• _Items from a dataset_:

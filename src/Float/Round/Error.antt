-- ===== src/Float/Round/Error.antt =====
-- How far rounding moves a number.
use native.Mathlib.Nat.{
  mul_assoc, pow-suc, div-add-mod, mod-lt, mul-mod_left, mul-div_cancel, mul-le-mul_right, dvd_refl,
  dvd_trans, dvd-mul_left,
}
use tabmo_codding_challenge.Common.{
  ℕ, zero, suc, ◌+◌, ◌*◌, ◌/◌, ◌%◌, ◌^◌, ◌≤◌, ◌<◌, ◌∣◌, ◌≡◌, refl, ◌⊎◌, inl, inr, arith, ltb,
  ltb→lt, Bool-cases,
}
use tabmo_codding_challenge.Float.Round.{ulp, nearest, spacing, round_ratio, max_doublings}

-- It goes to the whole number below or above, whichever is not further away.
pub nearest_cases :
    (num den : ℕ)
    → ((nearest num den ≡ num / den) × (2 * (num % den) ≤ den))
      ⊎ ((nearest num den ≡ num / den + 1) × (den ≤ 2 * (num % den)))
unfolding nearest
nearest_cases num den = ground (arith, mod-lt (num / den) {m = 2} (omega arith))

-- Rounding to a whole number moves by half at most.
pub nearest_error :
    (num den : ℕ)
    → 0 < den
    → (2 * (nearest num den * den) ≤ 2 * num + den) × (2 * num ≤ 2 * (nearest num den * den) + den)
nearest_error num den h = elim (nearest_cases num den) [
  | inl (e, below) ↦ rw e (omega (arith, div-add-mod num den, mod-lt num h))
  | inr (e, above) ↦ rw e (omega (arith, div-add-mod num den, mod-lt num h))
]

-- A whole number stays as it is.
pub nearest_exact : (k den : ℕ) → 0 < den → nearest (k * den) den ≡ k
unfolding nearest
nearest_exact k den h = rw (mul-mod_left k den, mul-div_cancel k h) (ground arith)

ulp_pos : (fuel num den unit : ℕ) → 0 < unit → 0 < ulp fuel num den unit
unfolding ulp
ulp_pos zero num den unit h = h
ulp_pos (suc fuel) num den unit h = ground (arith, ulp_pos fuel num den (2 * unit))

two-pow-pos : (k : ℕ) → 0 < 2 ^ k
two-pow-pos zero = omega arith
two-pow-pos (suc k) = rw pow-suc (omega (arith, two-pow-pos k))

pub double_shift : (k unit : ℕ) → 2 ^ suc k * unit ≡ 2 ^ k * (2 * unit)
double_shift k unit = rw (pow-suc, mul_assoc)

-- The two cases of a round of the loop.
pub ulp_cases :
    (fuel num den unit : ℕ)
    → ((num < den * unit * 2 ^ 24) × (ulp (suc fuel) num den unit ≡ unit))
      ⊎ ((den * unit * 2 ^ 24 ≤ num) × (ulp (suc fuel) num den unit ≡ ulp fuel num den (2 * unit)))
unfolding ulp
ulp_cases fuel num den unit = elim (Bool-cases (ltb num (den * unit * 2 ^ 24))) [
  | inl small ↦ inl (ltb→lt _ _ small, rw (small, ulp))
  | inr big ↦ inr (ground arith, rw (big, ulp))
]

-- The spacing is no more than a power of two that is wide enough.
pub ulp_upper :
    (k fuel num den unit : ℕ)
    → num < den * (2 ^ k * unit) * 2 ^ 24
    → ulp fuel num den unit ≤ 2 ^ k * unit
ulp_upper k zero num den unit h =
    unfold ulp in omega (arith, mul-le-mul_right {m = 1} {n = 2 ^ k} unit (two-pow-pos k))
ulp_upper zero (suc fuel) num den unit h = elim (ulp_cases fuel num den unit) [
  | inl (_, e) ↦ omega arith
  | inr (big, _) ↦ absurd (omega arith)
]
ulp_upper (suc k) (suc fuel) num den unit h = elim (ulp_cases fuel num den unit) [
  | inl (_, e) ↦ omega (arith, mul-le-mul_right {m = 1} {n = 2 ^ suc k} unit (two-pow-pos (suc k)))
  | inr (_, e) ↦
      rw (e, double_shift k unit)
        (ulp_upper k fuel num den (2 * unit) (rw (← double_shift k unit) h))
]

-- Where the spacing was doubled, the number has its 24 bits.
pub ulp_normal :
    (fuel num den unit : ℕ)
    → (ulp fuel num den unit ≡ unit) ⊎ (den * ulp fuel num den unit * 2 ^ 23 ≤ num)
ulp_normal zero num den unit = unfold ulp in inl refl
ulp_normal (suc fuel) num den unit = elim (ulp_cases fuel num den unit) [
  | inl (_, e) ↦ inl e
  | inr (big, e) ↦ rw e (elim (ulp_normal fuel num den (2 * unit)) [
    | inl e' ↦ rw e' (inr (omega arith))
    | inr normal ↦ inr normal
  ])
]

-- The spacing is a multiple of the one that the loop starts from.
pub unit-dvd-ulp : (fuel num den unit : ℕ) → unit ∣ ulp fuel num den unit
unit-dvd-ulp zero num den unit = unfold ulp in dvd_refl unit
unit-dvd-ulp (suc fuel) num den unit = elim (ulp_cases fuel num den unit) [
  | inl (_, e) ↦ rw e (dvd_refl unit)
  | inr (_, e) ↦ rw e (dvd_trans unit (dvd-mul_left unit 2) (unit-dvd-ulp fuel num den (2 * unit)))
]

-- The spacing at a number divides the spacing at every larger one.
pub ulp-dvd-ulp : (fuel a b den unit : ℕ) → a ≤ b → ulp fuel a den unit ∣ ulp fuel b den unit
ulp-dvd-ulp zero a b den unit h = unfold ulp in dvd_refl unit
ulp-dvd-ulp (suc fuel) a b den unit h = elim (ulp_cases fuel a den unit) [
  | inl (_, e) ↦ rw e (unit-dvd-ulp (suc fuel) b den unit)
  | inr (big, e) ↦ elim (ulp_cases fuel b den unit) [
    | inl (small, _) ↦ absurd (omega arith)
    | inr (_, e') ↦ rw (e, e') (ulp-dvd-ulp fuel a b den (2 * unit) h)
  ]
]

-- What the other proofs read of `round_ratio`, whose loop of 253 rounds they leave shut.
pub spacing_lem : (num den : ℕ) → spacing num den ≡ ulp max_doublings num den 1
unfolding spacing
spacing_lem num den = refl

pub round_ratio_lem :
    (num den : ℕ) → round_ratio num den ≡ nearest num (den * spacing num den) * spacing num den
unfolding round_ratio
round_ratio_lem num den = refl

pub spacing_pos : (num den : ℕ) → 0 < spacing num den
spacing_pos num den = rw spacing_lem (ulp_pos max_doublings num den 1 (omega arith))

-- A rounded number differs from the exact one by half the spacing at most.
pub round_ratio_error :
    (num den : ℕ)
    → 0 < den
    → (2 * (den * round_ratio num den) ≤ 2 * num + den * spacing num den)
      × (2 * num ≤ 2 * (den * round_ratio num den) + den * spacing num den)
round_ratio_error num den h =
    let pos : 0 < den * spacing num den = grind (arith, spacing_pos num den) in
    let (up, down) = nearest_error num (den * spacing num den) pos in
    rw round_ratio_lem (omega (arith, up), omega (arith, down))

• _Task requirements_: Work out the number of lines in the entries above that hold the word "Float", giving the number without comment.

• _Output for this exercise_: 3